Finding the first genes linked to hospitalization risk
Our analysis, completed and written up two weeks later, demonstrated that 68 protein-coding genes had a significant association with hospitalization risk. For all but two there was no published evidence linking these genes to COVID-19, however PrecisionLife categorized them into 6 main pathways that could be associated with dysregulated host immune response to SARS-CoV-2:
- Viral replication
- Inflammation
- Endothelial cell dysfunction (associated with micro-coagulation)
- Lipid droplet biology (associated with reduced cell membrane integrity)
- Wnt/β-catenin signaling (associated with senescence and apoptosis)
- Alzheimer’s associated neurodegeneration (MAPT region)
This provided a range of plausible – if untested – hypotheses around the biological impact of variants in these genes on COVID-19 severity and symptoms.
Worldwide research validates combinatorial analytics
The global scientific efforts since we completed our initial analysis in June 2020 have been prodigious.
48 of the 68 genes identified in our initial genetic analysis using combinatorial analytics have now been independently published in articles in relation to SARS-CoV-2 replication or development of severe COVID-19.
The significance of some targets has been replicated in larger multinational genetic studies, whilst others have been evaluated in preclinical in vitro studies, or are targeted by drugs currently in phase II clinical trials for COVID-19.
This body of evidence provides retrospective validation for the genetic signals found that were entirely novel to the disease at the time of our initial COVID-19 work at PrecisionLife.
Examples of novel discoveries retrospectively validated:
1. Genes
After analyzing fewer than 1,000 cases, PrecisionLife was the first to report a significant association of 5 genes – KANSL, LINC02210, MAPT, SHT and SPPL2C – from the 17q21.31 locus in severe COVID-19 development.
These have subsequently been validated by the results from the COVID-19 Host Genetics Initiative in July 20213, who performed three genome-wide association meta-analyses of 49,562 severe COVID-19 patients with over 2 million mild COVID-19 patients and demonstrated a significant association between this group of genes and hospitalization after SARS-CoV-2 infection.
2. Proteins & Pathways
There is also now significant preclinical evidence as to how many of the genetic variants identified by PrecisionLife impact the course of COVID-19 disease development.

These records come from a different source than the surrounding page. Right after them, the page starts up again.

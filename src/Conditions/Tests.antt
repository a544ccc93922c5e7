-- ===== src/Conditions/Tests.antt =====
-- Witnesses on condition sets (apis/conditionset.go).
use reconciler_runtime.Base.{
  String, ◌≡◌, ◌≢◌, ◌↔◌, refl, true, Option, some, List, [], ◌∷◌, eq_iff, arith,
}
use reconciler_runtime.Base.Lists.{All}
use reconciler_runtime.Conditions.{Time, Condition, Status, new_living_condition_set}
use reconciler_runtime.Conditions.Manager.{
  ConditionsImpl, manage_with_context, get_condition, is_happy, new_condition, set_condition,
  clear_condition, initialize_conditions, mark_true,
}
use reconciler_runtime.Conditions.Marking.{is_true}
use reconciler_runtime.Conditions.Setting.{Agrees}
use reconciler_runtime.Conditions.Views.{IsManaged, get-set_condition}
use reconciler_runtime.Conditions.Reached.{
  Clears, clear_condition_lem, manager, Reached, fresh, later, initialize, true_marked,
  Reached-is_happy,
}
use reconciler_runtime.Conditions.Verdicts.{set_condition_again}

abbrev copy : Time → Time
copy t = t

abbrev bound : Condition
bound = new_condition "Bound" "True" "Found" ""

-- `Bound` and `Ready`, with no condition but `Bound` yet.
abbrev starting : ConditionsImpl
starting =
    manage_with_context 7 (new_living_condition_set ("Bound" ∷ "Served" ∷ []))
      (some (record { observed_generation = 1; conditions = bound ∷ [] }))

abbrev served : Condition
served = new_condition "Served" "False" "Timeout" "no answer"

get-set_condition_example :
    ((c : Condition) × (get_condition (set_condition copy starting served) "Served" ≡ some c)
      × Agrees c served)
    × ((t : String)
        → t ≢ "Served"
        → get_condition (set_condition copy starting served) t ≡ get_condition starting t)
get-set_condition_example = get-set_condition copy starting served (tt, tt)

clear_condition_lem_example : Clears starting "Bound" (clear_condition copy starting "Bound")
clear_condition_lem_example = clear_condition_lem copy starting "Bound" (tt, tt)

set_condition_again_example :
    set_condition copy (record (set_condition copy starting served) { now = 9 }) served
    ≡ record (set_condition copy starting served) { now = 9 }
set_condition_again_example = set_condition_again copy starting served 9 (tt, tt)

abbrev listed : List String
listed = "Bound" ∷ "Ready" ∷ "Bound" ∷ []

abbrev blank : Option Status
blank = some (record { observed_generation = 1; conditions = [] })

abbrev managed : Option Status → Time → ConditionsImpl
managed = manager copy "Ready" "Ready" "Bound" [] refl

abbrev initialized : Option Status
initialized = (initialize_conditions copy (managed blank 3)).accessor

-- Initialized, and then `Bound` marked true.
abbrev marked : Option Status
marked = (mark_true copy (managed initialized 4) "Bound" "Found" "").accessor

Bound-ne-Ready : (bound.type ≡ "Ready") → ⊥
Bound-ne-Ready e = absurd (ground (arith, eq_iff "Bound" "Ready", e))

abbrev marked-Reached : Reached copy "Ready" "Ready" "Bound" [] refl marked
marked-Reached =
    later (later (fresh 1) (initialize 3)) (true_marked 4 "Bound" "Found" "" Bound-ne-Ready)

Reached-is_happy_example :
    ((is_happy (managed marked 5) ≡ true)
      ↔ All (λ t. is_true (managed marked 5) t ≡ true) ("Bound" ∷ []))
    × IsManaged (managed marked 5)
Reached-is_happy_example = Reached-is_happy copy "Ready" "Ready" "Bound" [] refl 5 marked-Reached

For example, we hypothesized that variants in MLKL could lead to over-activation of the necroptotic inflammatory response, resulting in organ damage, and proposed that an MLKL inhibitor – necrosulfonamide – could reduce COVID-19-associated inflammation. There is now evidence that MLKL is highly upregulated in immune and epithelial cells in the lungs of severe COVID-19 patients and that necrosulfonamide inhibits the release of inflammatory cytokine IL-1β in response to SARS-CoV-2 4.
3. Drugs
PrecisionLife’s genetic signals indicated the potential of 29 drugs and clinical candidates for use in treatment strategies to improve clinical outcomes in severe COVID-19 patients.
13 of these candidates have now been evaluated in COVID-19, ranging from targets in preclinical work investigating impact on SARS-CoV-2 replication and inflammatory cytokine secretion in vitro, to 14 different clinical trials (recruiting/active/completed) measuring the impact of these drugs on disease severity reduction in COVID-19 patients.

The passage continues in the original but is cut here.